═══ Supplied records ═══

-- ===== src/Autonomy/Engine/Keyed.antt =====
-- Every task of a graph stands under its own identifier, and only there; the operations of a round
-- keep this.
use brainless_agent.Common.{
  ℕ, zero, suc, String, Bool, true, false, Option, none, some, ◌≡◌, refl, sym, ◌∙◌, subst, List, [],
  ◌∷◌, arith, ◌==◌, eq_iff, Bool-cases, inl, inr, ltb, if◌then◌else◌, Result, Error, All, All-map,
  pure, throw, concat, key_error, none≢some,
}
use brainless_agent.Common.Dict.{get, modify, keys, values, get-modify}
use brainless_agent.Autonomy.TaskGraph.{
  GraphTask, GraphTaskStatus, TaskGraph, set_status, complete, fail, failing, block, block_loop,
  block_dependents, waits_for, depth,
}
use brainless_agent.Autonomy.Engine.{EngineWorld, mark_running, settle_all}

abbrev pub IsKeyed : TaskGraph → Type 0
IsKeyed [] = Unit
IsKeyed ((k, t) ∷ g) = (t.task_id ≡ k) × (get k g ≡ none) × IsKeyed g

pub values-found : (g : TaskGraph) → IsKeyed g → All (λ t. get t.task_id g ≡ some t) (values g)
unfolding values get
values-found [] h = tt
values-found ((k, t) ∷ g) h =
    (rw ((eq_iff k t.task_id).1 (sym h.0)) refl, All-map later (values g) (values-found g h.2))
  where
    later :
        (u : GraphTask)
        → get u.task_id g ≡ some u
        → (if k == u.task_id then some t else get u.task_id g) ≡ some u
    later u e = elim (Bool-cases (k == u.task_id)) [
      | inl same ↦
          absurd
            (none≢some (sym (subst (λ i. get i g ≡ none) ((eq_iff k u.task_id).0 same) h.1) ∙ e))
      | inr other ↦ ground (arith, other, e)
    ]

-- A change of tasks that leaves their identifiers
modify-IsKeyed :
    (k : String) (f : GraphTask → GraphTask) (g : TaskGraph)
    → ((t : GraphTask) → (f t).task_id ≡ t.task_id)
    → IsKeyed g
    → IsKeyed (modify k f g)
unfolding modify
modify-IsKeyed k f [] same h = tt
modify-IsKeyed k f ((j, t) ∷ g) same h = elim (Bool-cases (j == k)) [
  | inl here ↦ subst IsKeyed (changed here) (same t ∙ h.0, h.1, h.2)
  | inr other ↦ subst IsKeyed (kept other) (h.0, absent, modify-IsKeyed k f g same h.2)
]
  where
    changed : (j == k) ≡ true → ◌≡◌ {A = TaskGraph} ((j, f t) ∷ g) (modify k f ((j, t) ∷ g))
    changed e = ground (arith, e)

    kept : (j == k) ≡ false → ◌≡◌ {A = TaskGraph} ((j, t) ∷ modify k f g) (modify k f ((j, t) ∷ g))
    kept e = ground (arith, e)

    absent : get j (modify k f g) ≡ none
    absent = get-modify k j f g ∙ ground (arith, h.1)

block_loop-IsKeyed :
    (go : String → TaskGraph → TaskGraph)
    → ((c : String) (g : TaskGraph) → IsKeyed g → IsKeyed (go c g))
    → (task_id reason : String) (cs : List String) (g : TaskGraph) → IsKeyed g
    → IsKeyed (block_loop go task_id reason cs g)
unfolding block_loop
block_loop-IsKeyed go keeps task_id reason [] g h = h
block_loop-IsKeyed go keeps task_id reason (c ∷ cs) g h =
    block_loop-IsKeyed go keeps task_id reason cs _ (one (waits_for task_id c g))
  where
    one : (b : Bool) → IsKeyed (if b then go c (modify c (block reason) g) else g)
    one false = h
    one true = keeps c (modify c (block reason) g) (modify-IsKeyed c (block reason) g (λ t. refl) h)

block_dependents-IsKeyed :
    (fuel : ℕ) (task_id reason : String) (g : TaskGraph)
    → IsKeyed g
    → IsKeyed (block_dependents fuel task_id reason g)
unfolding block_dependents
block_dependents-IsKeyed zero task_id reason g h = h
block_dependents-IsKeyed (suc fuel) task_id reason g h =
    block_loop-IsKeyed (λ c. block_dependents fuel c reason)
      (λ c i. block_dependents-IsKeyed fuel c reason i) task_id reason (keys g) g h

complete-IsKeyed : (task_id : String) (g : TaskGraph) → IsKeyed g → IsKeyed (complete task_id g).1
unfolding complete throw pure
complete-IsKeyed task_id g h = go (get task_id g)
  where
    go :
        (o : Option GraphTask)
        → IsKeyed
            (elim o as (λ x. Result (Unit {0}) × TaskGraph) [
              | none ↦ throw (key_error task_id) g
              | some task ↦ pure tt (modify task_id (set_status GraphTaskStatus.completed) g)
            ]).1
    go none = h
    go (some t) = modify-IsKeyed task_id (set_status GraphTaskStatus.completed) g (λ u. refl) h

failing-task_id : (error : String) (t : GraphTask) → (failing error t).task_id ≡ t.task_id
failing-task_id error t = ground arith

fail-IsKeyed :
    (task_id error : String) (g : TaskGraph) → IsKeyed g → IsKeyed (fail task_id error g).1
unfolding fail throw pure
fail-IsKeyed task_id error g h = go (get task_id g)
  where
    reason : String
    reason = concat "Dependency " (concat task_id " failed")

    marked : TaskGraph
    marked = modify task_id (failing error) g

    is_marked : IsKeyed (modify task_id (failing error) g)
    is_marked = modify-IsKeyed task_id (failing error) g (failing-task_id error) h

    either :
        (b : Bool)
        → IsKeyed (if b then marked else block_dependents (depth g) task_id reason marked)
    either true = is_marked
    either false = block_dependents-IsKeyed (depth g) task_id reason marked is_marked

    go :
        (o : Option GraphTask)
        → IsKeyed
            (elim o as (λ x. Result (Unit {0}) × TaskGraph) [
              | none ↦ throw (key_error task_id) g
              | some task ↦ pure tt (
                  if ltb task.retries task.max_retries
                  then marked
                  else block_dependents (depth g) task_id reason marked)
            ]).1
    go none = h
    go (some t) = either (ltb t.retries t.max_retries)

pub settle_all-IsKeyed :
    {W : Type 0} (env : EngineWorld W) (outcomes : List (GraphTask × Option Error))
    (done : List String) (g : TaskGraph)
    → IsKeyed g
    → IsKeyed (settle_all env outcomes done g).1
unfolding settle_all
settle_all-IsKeyed env [] done g h = h
settle_all-IsKeyed env ((t, none) ∷ rest) done g h =
    settle_all-IsKeyed env rest _ _ (complete-IsKeyed t.task_id g h)
settle_all-IsKeyed env ((t, some e) ∷ rest) done g h =
    settle_all-IsKeyed env rest done _ (fail-IsKeyed t.task_id (env.str e) g h)

pub mark_running-IsKeyed :
    (ts : List GraphTask) (g : TaskGraph) → IsKeyed g → IsKeyed (mark_running ts g)
unfolding mark_running
mark_running-IsKeyed [] g h = h
mark_running-IsKeyed (t ∷ ts) g h =
    mark_running-IsKeyed ts _
      (modify-IsKeyed t.task_id (set_status GraphTaskStatus.running) g (λ u. refl) h)
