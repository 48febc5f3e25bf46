-- ===== src/Autonomy/Engine/Termination.antt =====
-- The loop of `run_graph` ends.
use brainless_agent.Common.{
  ℕ, zero, suc, ◌≤◌, ◌<◌, String, Bool, true, false, Option, none, some, is_some, ◌≡◌, refl, sym,
  ◌∙◌, subst, List, [], ◌∷◌, arith, ◌==◌, Bool-cases, inl, inr, if◌then◌else◌, Result, ok, raise,
  All, All-map, keep, and_left, some-injective,
}
use brainless_agent.Common.Dict.{get, modify, values, get-modify}
use brainless_agent.Autonomy.TaskGraph.{
  GraphTask, GraphTaskStatus, TaskGraph, set_status, is_pending, is_runnable, runnable, validate,
}
use brainless_agent.Autonomy.Scheduler.{next_tasks}
use brainless_agent.Autonomy.Scheduler.Choice.{next_tasks-All}
use brainless_agent.Autonomy.Engine.{
  EngineWorld, Rounds, mark_running, execute_all, one_round, after_choice, run_rounds, run_graph,
  start_rounds, after_rounds, parallel_limit,
}
use brainless_agent.Autonomy.Engine.Budget.{
  weight, phase, total, total-modify, total-modify_lt, total-settle_all,
}
use brainless_agent.Autonomy.Engine.Keyed.{
  IsKeyed, values-found, settle_all-IsKeyed, mark_running-IsKeyed,
}

-- The task of this name in the graph is pending or running.
record Active (g : TaskGraph) (t : GraphTask) : Type 0 where
  task : GraphTask
  found : get t.task_id g ≡ some task
  at_work : 1 ≤ phase task.status

run_one : String → TaskGraph → TaskGraph
run_one k g = modify k (set_status GraphTaskStatus.running) g

run_one-Active : (k : String) (g : TaskGraph) (t : GraphTask) → Active g t → Active (run_one k g) t
unfolding run_one
run_one-Active k g t a = elim (Bool-cases (k == t.task_id)) [
  | inl same ↦ record {
    task = set_status GraphTaskStatus.running a.task;
    found =
        get-modify k t.task_id (set_status GraphTaskStatus.running) g
        ∙ ground (arith, same, a.found);
    at_work = omega arith;
  }
  | inr other ↦ record {
    task = a.task;
    found =
        get-modify k t.task_id (set_status GraphTaskStatus.running) g
        ∙ ground (arith, other, a.found);
    at_work = a.at_work;
  }
]

weight-running :
    (t : GraphTask) → 1 ≤ phase t.status → weight (set_status GraphTaskStatus.running t) ≤ weight t
weight-running t le = omega (arith, le)

total-mark_running :
    (ts : List GraphTask) (g : TaskGraph) → All (Active g) ts → total (mark_running ts g) ≤ total g
unfolding mark_running run_one
total-mark_running [] g acts = omega arith
total-mark_running (t ∷ ts) g acts =
    let a = acts.0 in
    let first : total (run_one t.task_id g) ≤ total g =
      total-modify t.task_id (set_status GraphTaskStatus.running) g (λ u e. weight-running u (
        subst (λ (x : GraphTask). 1 ≤ phase x.status) (some-injective (sym a.found ∙ e))
          a.at_work)) in
    let rest =
      total-mark_running ts (run_one t.task_id g)
        (All-map (run_one-Active t.task_id g) ts acts.1) in
    omega (arith, first, rest)

-- A pending task in the graph
record Ready (g : TaskGraph) (t : GraphTask) : Type 0 where
  found : get t.task_id g ≡ some t
  waits : is_pending t.status ≡ true

phase-pending : (s : GraphTaskStatus) → is_pending s ≡ true → phase s ≡ 2
phase-pending GraphTaskStatus.pending e = refl
phase-pending GraphTaskStatus.running e = cc
phase-pending GraphTaskStatus.completed e = cc
phase-pending GraphTaskStatus.failed e = cc
phase-pending GraphTaskStatus.blocked e = cc
phase-pending GraphTaskStatus.paused e = cc
phase-pending GraphTaskStatus.cancelled e = cc

Ready-Active : (g : TaskGraph) (t : GraphTask) → Ready g t → Active g t
Ready-Active g t r = record {
  task = t;
  found = r.found;
  at_work = omega (arith, phase-pending t.status r.waits);
}

total-mark_running_lt :
    (t : GraphTask) (ts : List GraphTask) (g : TaskGraph)
    → Ready g t
    → All (Ready g) ts
    → total (mark_running (t ∷ ts) g) < total g
unfolding mark_running run_one
total-mark_running_lt t ts g r rs =
    let first : total (run_one t.task_id g) < total g =
      total-modify_lt t.task_id (set_status GraphTaskStatus.running) g t r.found
        (omega (arith, phase-pending t.status r.waits)) in
    let rest =
      total-mark_running ts (run_one t.task_id g)
        (All-map (λ u x. run_one-Active t.task_id g u (Ready-Active g u x)) ts rs) in
    omega (arith, first, rest)

runnable-Ready :
    (g : TaskGraph) (ts : List GraphTask)
    → All (λ t. get t.task_id g ≡ some t) ts
    → All (Ready g) (keep (is_runnable g) ts)
unfolding keep
runnable-Ready g [] fs = tt
runnable-Ready g (t ∷ ts) fs = go (is_runnable g t) refl (runnable-Ready g ts fs.1)
  where
    go :
        (b : Bool)
        → is_runnable g t ≡ b
        → All (Ready g) (keep (is_runnable g) ts)
        → All (Ready g) (if b then t ∷ keep (is_runnable g) ts else keep (is_runnable g) ts)
    go true e rest = (record { found = fs.0; waits = and_left (is_pending t.status) _ e }, rest)
    go false e rest = rest

module _ {W : Type 0} (env : EngineWorld W) where
  -- A round for at least one ready task leaves less to do.
  one_round-less :
      (t : GraphTask) (ts : List GraphTask) (r : Rounds env)
      → All (Ready r.tasks) (t ∷ ts)
      → total (one_round env (t ∷ ts) r).tasks < total r.tasks
  unfolding one_round
  one_round-less t ts r rs =
      let outcomes = (execute_all env (t ∷ ts) r.outside).0 in
      omega (
        arith,
        total-settle_all env outcomes r.done (mark_running (t ∷ ts) r.tasks),
        total-mark_running_lt t ts r.tasks rs.0 rs.1,
      )

  one_round-IsKeyed :
      (ready : List GraphTask) (r : Rounds env)
      → IsKeyed r.tasks
      → IsKeyed (one_round env ready r).tasks
  unfolding one_round
  one_round-IsKeyed ready r h =
      settle_all-IsKeyed env (execute_all env ready r.outside).0 r.done (mark_running ready r.tasks)
        (mark_running-IsKeyed ready r.tasks h)

  chosen-Ready :
      (g : TaskGraph) (held : List String) (limit : ℕ) (picked : List GraphTask)
      → IsKeyed g
      → next_tasks g held limit ≡ ok picked
      → All (Ready g) picked
  unfolding runnable keep
  chosen-Ready g held limit picked h e =
      next_tasks-All (Ready g) g held limit picked (runnable-Ready g (values g) (values-found g h))
        e

  run_rounds-ends :
      (fuel : ℕ) (r : Rounds env)
      → IsKeyed r.tasks
      → total r.tasks < fuel
      → is_some (run_rounds env fuel r) ≡ true
  unfolding run_rounds
  run_rounds-ends zero r h lt = absurd (omega (arith, lt))
  run_rounds-ends (suc fuel) r h lt =
      go (next_tasks r.tasks (env.held r.outside) (parallel_limit env.max_parallel)) refl
        (run_rounds-ends fuel)
    where
      go :
          (o : Result (List GraphTask))
          → next_tasks r.tasks (env.held r.outside) (parallel_limit env.max_parallel) ≡ o
          → ((s : Rounds env)
              → IsKeyed s.tasks
              → total s.tasks < fuel
              → is_some (run_rounds env fuel s) ≡ true)
          → is_some (after_choice env (run_rounds env fuel) o r) ≡ true
      go (raise x) e ends = refl
      go (ok []) e ends = refl
      go (ok (t ∷ ts)) e ends = ends (one_round env (t ∷ ts) r) (one_round-IsKeyed (t ∷ ts) r h) (
          omega (
            arith,
            lt,
            one_round-less t ts r (
                chosen-Ready r.tasks (env.held r.outside) (parallel_limit env.max_parallel) (t ∷ ts)
                  h e),
          ))

  -- `run_graph` ends, whatever the tasks, the locks and the criteria do: on a graph whose tasks stand
  -- under their own identifiers, fuel above `total`, which is two for each retry that is left, two
  -- for each pending task and one for each running one, is not used up.
  pub run_graph-ends :
      (fuel : ℕ) (task_id : String) (tasks : TaskGraph) (outside : W)
      → IsKeyed tasks
      → total tasks < fuel
      → is_some (run_graph env fuel task_id tasks outside) ≡ true
  unfolding run_graph
  run_graph-ends fuel task_id tasks outside h lt =
      go (validate tasks) (run_rounds-ends fuel start h lt)
    where
      start : Rounds env
      start = record { tasks = tasks; done = []; outside = outside }

      ended :
          (o : Option (Result (Rounds env)))
          → is_some o ≡ true
          → is_some (after_rounds env task_id o) ≡ true
      ended none e = e
      ended (some (raise x)) e = refl
      ended (some (ok r)) e = refl

      go :
          (v : Result (Unit {0}))
          → is_some (run_rounds env fuel start) ≡ true
          → is_some (start_rounds env fuel task_id v start) ≡ true
      go (raise x) e = refl
      go (ok u) e = ended (run_rounds env fuel start) e
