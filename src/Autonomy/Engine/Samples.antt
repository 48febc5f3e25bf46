-- ===== src/Autonomy/Engine/Samples.antt =====
-- A goal of two tasks, and the end of its run.
use brainless_agent.Common.{
  ℕ, String, true, false, none, is_some, ◌≡◌, refl, List, [], ◌∷◌, ok, arith, pos,
}
use brainless_agent.Common.Dict.{get}
use brainless_agent.Autonomy.TaskGraph.{GraphTask, GraphTaskStatus, TaskGraph}
use brainless_agent.Autonomy.Engine.{EngineWorld, run_graph}
use brainless_agent.Autonomy.Engine.Budget.{total}
use brainless_agent.Autonomy.Engine.Keyed.{IsKeyed}
use brainless_agent.Autonomy.Engine.Termination.{run_graph-ends}

abbrev task : String → List String → GraphTask
task task_id dependencies = record {
  task_id = task_id;
  objective = "do it";
  dependencies = dependencies;
  capabilities = [];
  permissions = [];
  resources = [];
  tool = none;
  priority = pos 0;
  deadline = none;
  high_risk = false;
  requires_approval = false;
  status = GraphTaskStatus.pending;
  retries = 0;
  max_retries = 1;
  error = none;
}

abbrev goal : TaskGraph
goal = ("a", task "a" []) ∷ ("b", task "b" ("a" ∷ [])) ∷ []

abbrev workers : EngineWorld ℕ
workers = record {
  execute = λ t w. (ok tt, w);
  held = λ w. [];
  criteria = (λ w. (ok (true, ""), w)) ∷ [];
  str = λ e. "error";
  max_parallel = 4;
}

goal-IsKeyed : IsKeyed goal
unfolding get
goal-IsKeyed = (refl, refl, (refl, refl, tt))

run_graph-ends_example : is_some (run_graph workers 9 "t" goal 0) ≡ true
unfolding total
run_graph-ends_example = run_graph-ends workers 9 "t" goal 0 goal-IsKeyed (omega arith)
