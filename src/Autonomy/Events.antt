-- ===== src/Autonomy/Events.antt =====
-- app/autonomy/events.py: the bus that wakes missions. `redact` is that of safety/redaction.py. A
-- `put` waits while the queue is full; here the wait is over when the call is made. `persistence`
-- is `none` where there is none, else the events that it was given.
pub mod Retention
use brainless_agent.Common.{
  ℕ, zero, suc, ◌+◌, String, Bool, true, false, Option, none, some, List, [], ◌∷◌, ◌++◌, ltb, leb,
  length, keep, if◌then◌else◌,
}
use brainless_agent.Common.Dict.{Dict}

pub data EventType : Type 0 where
  user_message screen_changed window_changed browser_navigated : EventType
  file_created file_modified file_deleted process_stopped : EventType
  task_completed task_failed agent_failed deadline_approaching : EventType
  resource_available resource_conflict approval_received time_triggered : EventType
  mission_triggered user_takeover agent_updated action_recorded : EventType
  voice_session voice_partial voice_turn voice_command : EventType
  environment_observed environment_drift ui_detected target_resolved : EventType
  target_resolution_failed human_required perception_source_failed : EventType
  capability_gap capability_discovery_started : EventType

-- `EventType.X.value`
unfoldable pub type_value : EventType → String
type_value user_message = "user_message"
type_value screen_changed = "screen_changed"
type_value window_changed = "window_changed"
type_value browser_navigated = "browser_navigated"
type_value file_created = "file_created"
type_value file_modified = "file_modified"
type_value file_deleted = "file_deleted"
type_value process_stopped = "process_stopped"
type_value task_completed = "task_completed"
type_value task_failed = "task_failed"
type_value agent_failed = "agent_failed"
type_value deadline_approaching = "deadline_approaching"
type_value resource_available = "resource_available"
type_value resource_conflict = "resource_conflict"
type_value approval_received = "approval_received"
type_value time_triggered = "time_triggered"
type_value mission_triggered = "mission_triggered"
type_value user_takeover = "user_takeover"
type_value agent_updated = "agent_updated"
type_value action_recorded = "action_recorded"
type_value voice_session = "voice_session"
type_value voice_partial = "voice_partial"
type_value voice_turn = "voice_turn"
type_value voice_command = "voice_command"
type_value environment_observed = "environment_observed"
type_value environment_drift = "environment_drift"
type_value ui_detected = "ui_detected"
type_value target_resolved = "target_resolved"
type_value target_resolution_failed = "target_resolution_failed"
type_value human_required = "human_required"
type_value perception_source_failed = "perception_source_failed"
type_value capability_gap = "capability_gap"
type_value capability_discovery_started = "capability_discovery_started"

pub record AutonomousEvent (V : Type 0) : Type 0 where
  pub type : EventType
  pub mission_id : Option String
  pub detail : Dict V
  pub timestamp : ℕ
  pub correlation_id : String
  pub sequence : ℕ

pub record AutonomousEventBus (V : Type 0) : Type 0 where
  pub retention : ℕ
  pub queue : List (AutonomousEvent V)
  pub history : List (AutonomousEvent V)
  pub persistence : Option (List (AutonomousEvent V))
  pub sequence : ℕ

abbrev drop_first : {A : Type 0} → List A → List A
drop_first [] = []
drop_first (x ∷ xs) = xs

-- `append` of a `deque` with `maxlen`
unfoldable pub append_bounded : {A : Type 0} → ℕ → List A → A → List A
append_bounded maxlen xs x =
    if leb maxlen (length xs) then drop_first (xs ++ x ∷ []) else xs ++ x ∷ []

abbrev last_sequence : {V : Type 0} → List (AutonomousEvent V) → ℕ
last_sequence [] = 0
last_sequence (e ∷ []) = e.sequence
last_sequence (e ∷ f ∷ rest) = last_sequence (f ∷ rest)

-- `self.history.extend(restored)`
unfoldable pub extend_bounded : {A : Type 0} → ℕ → List A → List A → List A
unfolding append_bounded
extend_bounded maxlen xs [] = xs
extend_bounded maxlen xs (y ∷ ys) = extend_bounded maxlen (append_bounded maxlen xs y) ys

-- `AutonomousEventBus(retention, persistence)` with what `persistence.recent(retention)` returns
unfoldable pub new_bus :
    {V : Type 0} (retention : ℕ) (persistence : Option (List (AutonomousEvent V)))
    (restored : List (AutonomousEvent V))
    → AutonomousEventBus V
unfolding extend_bounded
new_bus retention persistence restored = record {
  retention = retention;
  queue = [];
  history = extend_bounded retention [] restored;
  persistence = persistence;
  sequence = last_sequence restored;
}

abbrev stored : {A : Type 0} → A → Option (List A) → Option (List A)
stored item none = none
stored item (some items) = some (items ++ item ∷ [])

-- `replace(event, detail=redact(event.detail), sequence=...)`
abbrev pub numbered :
    {V : Type 0} (redact : Dict V → Dict V) → ℕ → AutonomousEvent V → AutonomousEvent V
numbered redact sequence event = record event { detail = redact event.detail; sequence = sequence }

unfoldable pub publish :
    {V : Type 0} (redact : Dict V → Dict V) (event : AutonomousEvent V)
    → AutonomousEventBus V
    → AutonomousEventBus V
unfolding append_bounded
publish redact event bus =
    let recorded = numbered redact (bus.sequence + 1) event in
    record bus {
      queue = bus.queue ++ recorded ∷ [];
      history = append_bounded bus.retention bus.history recorded;
      persistence = stored recorded bus.persistence;
      sequence = bus.sequence + 1;
    }

-- `xs[:n]`
unfoldable pub take : {A : Type 0} → ℕ → List A → List A
take zero xs = []
take (suc n) [] = []
take (suc n) (x ∷ xs) = x ∷ take n xs

unfoldable pub replay :
    {V : Type 0} (since limit : ℕ) → AutonomousEventBus V → List (AutonomousEvent V)
unfolding take
replay since limit bus =
    take (if ltb 1000 limit then 1000 else limit) (keep (λ e. ltb since e.sequence) bus.history)

-- `next`: the oldest event of the queue; `none` if there is none until the timeout.
abbrev pub next_event :
    {V : Type 0} → AutonomousEventBus V → Option (AutonomousEvent V) × AutonomousEventBus V
next_event bus = elim bus.queue [
  | [] ↦ (none, bus)
  | event ∷ rest ↦ (some event, record bus { queue = rest })
]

═══

What you should do = Check each line of the data for "that". Copy the lines where it turns up.

Solution below =
-- A change of tasks that leaves their identifiers
  -- under their own identifiers, fuel above `total`, which is two for each retry that is left, two
-- app/autonomy/events.py: the bus that wakes missions. `redact` is that of safety/redaction.py. A
-- is `none` where there is none, else the events that it was given.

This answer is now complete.